Depression and Anxiety

Psychologists Reveal the Two Words That Can Calm an Upset Child

Learn why saying "right now" validates feelings, reduces emotional intensity, and helps kids regain self-control during tantrums, tears, and moments of frustration

aA

A child's tears, anger, or emotional outburst can be among the most challenging moments for any parent or grandparent. Our instinct is often to reason with the child or solve the problem immediately. However, psychologists say that this is precisely what we should avoid in the heat of the moment. Instead, child mental health experts recommend a surprisingly simple yet effective approach based on just two words: "right now."

Dr. Rebecca Wexner, a clinical child psychologist, and Dr. Adina Chesir, a clinical psychologist in New York, explain that using phrases like "right now" helps children understand that their emotional storm is temporary.

"The words 'right now' provide the perspective children need to remember that feelings are not facts, and they don't last forever," says Dr. Wexner. "Emotions come and go."

She adds, "This won't instantly make everything better, but it softens the hardest part of the emotional storm. Often, that softening is enough to help children regain access to their problem-solving skills."

At the same time, she emphasizes that while this phrase can be very effective — especially when used consistently, there is no guarantee that it will work for every child in every situation.

Reflect Their Feelings Instead of Arguing

When a child is overwhelmed, experts recommend simply reflecting back what they are experiencing.

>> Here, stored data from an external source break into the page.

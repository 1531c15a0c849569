-- ===== src/Js/Rounding.antt =====
-- Rounding is monotone, so contract terms that are rounded keep the order of the prices.
use spot_price.Prelude.{
  true, false, not, ◌||◌, if◌then◌else◌, ◌≡◌, ◌⊎◌, inl, inr, arith, Bool-cases,
}
use spot_price.Float.{Double, number, ◌≼◌, IsWhole, IsOrdered, IsMonotone, IsFloored}
use spot_price.Js.{math_round, round3, max_zero}

module _ {F : Type 0} ⦃d : Double F⦄ (o : IsOrdered F) (m : IsMonotone F) (w : IsFloored F) where
  open d use {half, neg, add, sub, floor, fract, lt, le, eq, is_nan, is_finite}
  open o use {le_refl, le_trans, le_num, le_total, lt-eq, le_of_eq, finite_num, lit_finite}
  open m use {mul_mono, div_mono, sub_mono, lit_pos}
  open w use {
    floor_le, floor_finite, floor_whole, le_floor, whole_of_le_floor, whole_step, le_succ, least,
    greatest, zero_eq_neg,
  }

  -- the rounding without its last step, which only changes the sign of a zero
  abbrev nearest : F → F
  nearest x = if le half (sub x (floor x)) then add (floor x) (number 1) else floor x

  abbrev IsFractional : F → Type 0
  IsFractional x = (is_finite x ≡ true) × (eq (fract x) (number 0) ≡ false)

  math_round-near :
      (x : F)
      → IsFractional x
      → is_nan (nearest x) ≡ false
      → (math_round x ≼ nearest x) × (nearest x ≼ math_round x)
  unfolding math_round
  math_round-near x (fin, frac) num = ground (
    arith,
    le_of_eq (nearest x) (number 0),
    zero_eq_neg,
    le_refl (nearest x),
    le_trans (neg (number 0)) (number 0) (nearest x),
    le_trans (nearest x) (number 0) (neg (number 0)),
  )

  -- The rounded number is the floor or the next whole number.
  nearest_bounds :
      (x : F) → IsFractional x → (floor x ≼ nearest x) × (nearest x ≼ add (floor x) (number 1))
  nearest_bounds x (fin, frac) =
      let whole = floor_finite x fin in
      ground (
        arith,
        le_succ (floor x) whole,
        le_refl (floor x) (finite_num _ whole),
        le_refl (add (floor x) (number 1)) (le_num _ _ (le_succ (floor x) whole)).1,
      )

  floor_mono : (x y : F) → is_finite x ≡ true → is_finite y ≡ true → x ≼ y → floor x ≼ floor y
  floor_mono x y fx fy h =
      le_floor (floor x) y (floor_whole x fx) fy (le_trans _ _ _ (floor_le x fx) h)

  lt_or_ge : (x y : F) → is_nan x ≡ false → is_nan y ≡ false → (lt x y ≡ true) ⊎ (y ≼ x)
  lt_or_ge x y p q = ground (arith, lt-eq x y p q)

  nearest_mono : (x y : F) → IsFractional x → IsFractional y → x ≼ y → nearest x ≼ nearest y
  nearest_mono x y fx fy h =
      let (lowx, highx) = nearest_bounds x fx in
      let (lowy, highy) = nearest_bounds y fy in
      let step = whole_step (floor x) (floor y) (floor_whole x fx.0) (floor_whole y fy.0) in
      elim (lt_or_ge (floor x) (floor y) (le_num _ _ lowx).0 (le_num _ _ lowy).0) [
        | inl below ↦ le_trans _ _ _ highx (le_trans _ _ _ (step below) lowy)
        | inr same ↦ ground (
          arith,
          sub_mono x y (floor x) (floor y) h same (floor_finite x fx.0) (floor_finite y fy.0),
          le_trans half (sub x (floor x)) (sub y (floor y)),
          m.add_mono (floor x) (floor y) (number 1) (floor_mono x y fx.0 fy.0 h) (lit_finite _),
          floor_mono x y fx.0 fy.0 h,
          le_trans _ _ _ (floor_mono x y fx.0 fy.0 h) (le_succ (floor y) (floor_finite y fy.0)),
        )
      ]

  -- a number that rounding leaves as it is
  abbrev IsFixed : F → Type 0
  IsFixed x = (not (is_finite x) || eq (fract x) (number 0)) ≡ true

  rounding_cases : (x : F) → IsFixed x ⊎ IsFractional x
  rounding_cases x = ground arith

  math_round_fixed : (x : F) → IsFixed x → math_round x ≡ x
  unfolding math_round
  math_round_fixed x h = rw h

  nearest_num : (x : F) → IsFractional x → is_nan (nearest x) ≡ false
  nearest_num x fx = (le_num _ _ (nearest_bounds x fx).0).1

  nearest-fixed : (x y : F) → IsFractional x → IsFixed y → x ≼ y → nearest x ≼ y
  nearest-fixed x y fx fy h = elim (Bool-cases (is_finite y)) [
    | inl fin ↦
        let whole : IsWhole y = ground arith in
        let (low, high) = nearest_bounds x fx in
        elim (lt_or_ge (floor x) y (le_num _ _ low).0 (finite_num y fin)) [
          | inl below ↦
              le_trans _ _ _ high (whole_step (floor x) y (floor_whole x fx.0) whole below)
          | inr above ↦ cc (fx.1, whole_of_le_floor x fx.0 (le_trans _ _ _ h above))
        ]
    | inr infinite ↦ greatest x y (nearest x) infinite h fx.0 (nearest_num x fx)
  ]

  fixed-nearest : (x y : F) → IsFixed x → IsFractional y → x ≼ y → x ≼ nearest y
  fixed-nearest x y fx fy h = elim (Bool-cases (is_finite x)) [
    | inl fin ↦
        let whole : IsWhole x = ground arith in
        le_trans _ _ _ (le_floor x y whole fy.0 h) (nearest_bounds y fy).0
    | inr infinite ↦ least x y (nearest y) infinite h fy.0 (nearest_num y fy)
  ]

  -- `Math.round` keeps the order of its arguments, whatever they are: whole, fractional or infinite.
  -- Addition is monotone and `floor` is the greatest whole number below, as in IEEE 754.
  pub math_round_mono : (x y : F) → x ≼ y → math_round x ≼ math_round y
  math_round_mono x y h =
      let fixed = λ (z : F) (p : IsFixed z). math_round_fixed z p in
      let near = λ (z : F) (p : IsFractional z). math_round-near z p (nearest_num z p) in
      elim (rounding_cases x) [
        | inl p ↦ elim (rounding_cases y) [
          | inl q ↦ rw (fixed x p, fixed y q) h
          | inr q ↦ rw (fixed x p) (le_trans _ _ _ (fixed-nearest x y p q h) (near y q).1)
        ]
        | inr p ↦ elim (rounding_cases y) [
          | inl q ↦ rw (fixed y q) (le_trans _ _ _ (near x p).0 (nearest-fixed x y p q h))
          | inr q ↦
              le_trans _ _ _ (near x p).0 (le_trans _ _ _ (nearest_mono x y p q h) (near y q).1)
        ]
      ]

  -- Rounding to three decimals keeps the order.
  pub round3_mono : (x y : F) → x ≼ y → round3 x ≼ round3 y
  unfolding round3
  round3_mono x y h =
      let thousand = lit_pos 999 in
      let scaled = mul_mono x y (number 1000) h thousand (lit_finite _) in
      div_mono _ _ (number 1000) (math_round_mono _ _ scaled) thousand (lit_finite _)

  -- The floor at zero keeps the order, and nothing is below it.
  pub max_zero_mono :
      (x y : F) → x ≼ y → (max_zero x ≼ max_zero y) × (max_zero (number 0) ≼ max_zero x)
  unfolding max_zero
  max_zero_mono x y h =
      let zero_num = finite_num (number 0) (lit_finite _) in
      let (numx, numy) = le_num x y h in
      ground (
        arith,
        lt-eq (number 0) x zero_num numx,
        lt-eq (number 0) y zero_num numy,
        le_refl (number 0) zero_num,
        le_total x (number 0) numx zero_num,
        le_total y (number 0) numy zero_num,
        le_trans x y (number 0) h,
      )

Dr. Adina Chesir explains, "When a child is having an emotional outburst, the best thing you can do is mirror their feelings back to them."

For example, saying, "I can see you're feeling very sad right now," validates the child's emotions and reduces their need to escalate their crying or behavior in order to feel heard.

Experts also recommend lowering both your body position and your voice. Kneeling or sitting at the child's level, speaking softly, and slowing your pace helps a distressed brain process your words more effectively.

Give Simple Physical Tasks

Another helpful strategy is to redirect the child's brain from its emotional center to its higher thinking center through simple physical activities.

Suggestions include:

  • Drinking several large sips of water, which naturally changes breathing patterns.

  • Doing a few jumping jacks or jumps in place to release built-up energy.

  • Asking the child to help find an object somewhere in the house — even if you don't actually need it.

These simple tasks can interrupt the emotional cycle and help children gradually regain self-control.